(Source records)
-- ===== src/Task/Laws.antt =====
-- What the accessors of task_struct.rs return.
use linux_kernel_development.Prelude.{ℕ, ◌+◌, ◌-◌, ◌^◌, ◌≤◌, ◌<◌, ◌≡◌, ◌∙◌, arith, min}
use linux_kernel_development.Prelude.{List, ◌++◌, length, take, drop, set, length-set}
use linux_kernel_development.Prelude.{ok}
use linux_kernel_development.Prelude.Slices.{
  copy_prefix-fits, length-copied, c_string, c_string-terminated,
}
use linux_kernel_development.Prelude.Words.{neg32}
use linux_kernel_development.Build.{Build, sub64-fits, add64-fits}
use linux_kernel_development.Registers.{pt_regs_size}
use linux_kernel_development.Task.{TaskStruct, get_comm, get_pt_regs, thread_size}

module _ (b : Build) (einval : ℕ) (t : TaskStruct) (buf : List ℕ) where
  -- With room for a character and a NUL, on a command name with its own NUL place, the call succeeds.
  -- The buffer keeps its length, and C reads from it the command name up to its NUL, cut to the
  -- characters that fit before the last byte of the buffer and of the name's array.
  pub get_comm-copies :
      1 < length buf
      → 1 < length t.kptr.comm
      → (out : List ℕ) × (get_comm b einval t buf ≡ ok (0, out))
        × (length out ≡ length buf)
        × (c_string out ≡ take (min (length buf) (length t.kptr.comm) - 1) (c_string t.kptr.comm))
  unfolding get_comm
  get_comm-copies room named =
      let comm : List ℕ = t.kptr.comm in
      let size : ℕ = min (length buf) (length comm) - 1 in
      let copied : List ℕ = take size comm ++ drop size buf in
      let same_length = length-copied buf comm size (omega arith) (omega arith) in
      (
        set copied size 0,
        ground (
          arith,
          sub64-fits b (min (length buf) (length comm)) 1,
          copy_prefix-fits buf comm size,
          same_length,
        ),
        length-set copied size 0 ∙ same_length,
        c_string-terminated size comm buf (omega arith) (omega arith),
      )

  -- A buffer too small for a character and a NUL is refused with -EINVAL and left alone.
  get_comm-refuses :
      length buf ≤ 1 → 1 < length t.kptr.comm → get_comm b einval t buf ≡ ok (neg32 einval, buf)
  unfolding get_comm
  get_comm-refuses small named =
      ground (arith, sub64-fits b (min (length buf) (length t.kptr.comm)) 1)

-- If the task's stack ends below 2 ^ 64, the saved registers fill the top of it: the call does not
-- overflow, the structure lies inside the stack and ends where the stack ends.
get_pt_regs_lem :
    (b : Build) (t : TaskStruct)
    → t.kptr.stack + thread_size < 2 ^ 64
    → (addr : ℕ) × (get_pt_regs b t ≡ ok addr)
      × (t.kptr.stack ≤ addr)
      × (addr + pt_regs_size ≡ t.kptr.stack + thread_size)
unfolding get_pt_regs
get_pt_regs_lem b t fits =
    let top : ℕ = t.kptr.stack + thread_size in
    (
      top - pt_regs_size,
      ground (
        arith,
        add64-fits b t.kptr.stack thread_size,
        sub64-fits b top 0,
        sub64-fits b top pt_regs_size,
      ),
      omega arith,
      omega arith,
    )
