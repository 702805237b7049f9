-- ===== src/Tests.antt =====
-- The theorems at concrete inputs, with the crate compiled under three profiles.
pub mod Fields
pub mod Panics
pub mod Values
pub mod Kernel
pub mod Contexts
pub mod Clock
pub mod Samples
pub mod Locks
pub mod Parsing
pub mod PerfEvents
pub mod Scheduling
use linux_kernel_development.Prelude.{true, false}
use linux_kernel_development.Build.{Build}

abbrev pub release : Build
release = record { big_endian = false; debug_assertions = false; overflow_checks = false }

abbrev pub debug : Build
debug = record { big_endian = false; debug_assertions = true; overflow_checks = true }

abbrev pub debug_big_endian : Build
debug_big_endian = record { big_endian = true; debug_assertions = true; overflow_checks = true }
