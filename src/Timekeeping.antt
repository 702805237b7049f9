-- ===== src/Timekeeping.antt =====
-- The fast clock of inner_unikernel_rt/src/timekeeping.rs, with its latch of seqlock.rs. The reader
-- runs while a writer in the kernel changes the clock: `seen k` is the structure at the reader's
-- `k`-th load, and `clock_read clock k` what the clock source gives then. A round makes nine loads.
pub mod Returning
pub mod Latch
pub mod Clocks
use linux_kernel_development.Prelude.{
  ℕ, zero, suc, ◌+◌, ◌-◌, ◌*◌, ◌/◌, ◌%◌, ◌^◌, bit_and, Bool, true, false, not,
}
use linux_kernel_development.Prelude.{
  ltb, ◌==◌, if◌then◌else◌, Option, none, some, Outcome, ok, panics, overflow, ◌>>=◌,
}
use linux_kernel_development.Seqlock.{
  Shared, SeqcountLatch, raw_read_seqcount_latch, read_seqcount_latch_retry,
}
use linux_kernel_development.Build.{Build, add64, sub64, mul64}

-- The fields of `tk_read_base` that are read; `clock` is a pointer, `base` an `i64`.
pub record TkReadBase : Type 0 where
  pub clock : ℕ
  pub mask : ℕ
  pub cycle_last : ℕ
  pub mult : ℕ
  pub shift : ℕ
  pub xtime_nsec : ℕ
  pub base : ℕ

-- `TimeKeeperFast`, its array of two written out.
pub record TimeKeeperFast : Type 0 where
  pub seq : ℕ
  pub base0 : TkReadBase
  pub base1 : TkReadBase

-- `&tkf.base[i]`, where `i` is 0 or 1.
unfoldable pub base_at : TimeKeeperFast → ℕ → TkReadBase
base_at tkf i = if i == 0 then tkf.base0 else tkf.base1

module _ (b : Build) where
  -- `x >> k` at `u64`.
  pub shr64 : ℕ → ℕ → Outcome ℕ
  shr64 x k =
      if ltb k 64
      then ok (x / 2 ^ k)
      else if b.overflow_checks
      then panics overflow
      else ok (x / 2 ^ (k % 64))

  -- `validate` is the generated CONFIG_CLOCKSOURCE_VALIDATE_LAST_CYCLE.
  pub clocksource_delta : ℕ → ℕ → ℕ → ℕ → Outcome ℕ
  clocksource_delta validate now last mask = do
    difference ← sub64 b now last
    let ret = bit_and difference mask
    if validate == 0
        then (do again ← sub64 b now last; ok (bit_and again mask))
        else if bit_and ret (2 ^ 64 - 1 - mask / 2) == 0
        then ok ret
        else ok 0

  pub timekeeping_delta_to_ns : ℕ → ℕ → ℕ → ℕ → Outcome ℕ
  timekeeping_delta_to_ns delta mult xtime_nsec shift = do
    product ← mul64 b delta mult
    nsec ← add64 b product xtime_nsec
    shr64 nsec shift

  -- The time by the values that a round loads: `cycles` from the clock, the others from the base.
  pub time_of : ℕ → ℕ → ℕ → ℕ → ℕ → ℕ → ℕ → ℕ → Outcome ℕ
  time_of validate base cycles cycle_last mask mult xtime_nsec shift = do
    delta ← clocksource_delta validate cycles cycle_last mask
    nsec ← timekeeping_delta_to_ns delta mult xtime_nsec shift
    add64 b base nsec

-- The latch at each load.
abbrev pub latch_of : (ℕ → TimeKeeperFast) → Shared SeqcountLatch
latch_of seen k = record { seqcount = record { sequence = (seen k).seq } }

module _ (b : Build) (validate : ℕ) (seen : ℕ → TimeKeeperFast) (clock_read : ℕ → ℕ → ℕ) where
  -- The base that a round which began at load `n` reads from at load `k`.
  pub tkr_at : ℕ → ℕ → TkReadBase
  tkr_at n k = base_at (seen k) (bit_and (raw_read_seqcount_latch (latch_of seen) n) 1)

  -- One round from load `n` on: the time, and whether the round must be repeated.
  pub round : ℕ → Outcome (ℕ × Bool)
  round n = do
    let cycles = clock_read (tkr_at n (n + 2)).clock (n + 2)
    now ←
        time_of b validate (tkr_at n (n + 1)).base cycles (tkr_at n (n + 3)).cycle_last
          (tkr_at n (n + 4)).mask (tkr_at n (n + 5)).mult (tkr_at n (n + 6)).xtime_nsec
          (tkr_at n (n + 7)).shift
    retry ←
        read_seqcount_latch_retry (latch_of seen) (raw_read_seqcount_latch (latch_of seen) n)
          (n + 8)
    ok (now, retry)

  -- The loop; `none` if the rounds run out.
  pub ktime_get_fast_ns : ℕ → ℕ → Outcome (Option ℕ)
  ktime_get_fast_ns zero n = ok none
  ktime_get_fast_ns (suc rounds) n = do
    (now, retry) ← round n
    let rest = ktime_get_fast_ns rounds (n + 9)
    if retry then rest else ok (some now)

▶ _Work instructions_: Look above for the line with "pub mod Parsing" and the line with "-- The fields"; transcribe both and all lines in between, exactly, and nothing else.

▶ _Result_:
pub mod Parsing
pub mod PerfEvents
pub mod Scheduling
use linux_kernel_development.Prelude.{true, false}
use linux_kernel_development.Build.{Build}

abbrev pub release : Build
release = record { big_endian = false; debug_assertions = false; overflow_checks = false }

abbrev pub debug : Build
debug = record { big_endian = false; debug_assertions = true; overflow_checks = true }

abbrev pub debug_big_endian : Build
debug_big_endian = record { big_endian = true; debug_assertions = true; overflow_checks = true }
filename src/Timekeeping.antt
repository 702805237b7049f9
-- ===== src/Timekeeping.antt =====
-- The fast clock of inner_unikernel_rt/src/timekeeping.rs, with its latch of seqlock.rs. The reader
-- runs while a writer in the kernel changes the clock: `seen k` is the structure at the reader's
-- `k`-th load, and `clock_read clock k` what the clock source gives then. A round makes nine loads.
pub mod Returning
pub mod Latch
pub mod Clocks
use linux_kernel_development.Prelude.{
  ℕ, zero, suc, ◌+◌, ◌-◌, ◌*◌, ◌/◌, ◌%◌, ◌^◌, bit_and, Bool, true, false, not,
}
use linux_kernel_development.Prelude.{
  ltb, ◌==◌, if◌then◌else◌, Option, none, some, Outcome, ok, panics, overflow, ◌>>=◌,
}
use linux_kernel_development.Seqlock.{
  Shared, SeqcountLatch, raw_read_seqcount_latch, read_seqcount_latch_retry,
}
use linux_kernel_development.Build.{Build, add64, sub64, mul64}

-- The fields of `tk_read_base` that are read; `clock` is a pointer, `base` an `i64`.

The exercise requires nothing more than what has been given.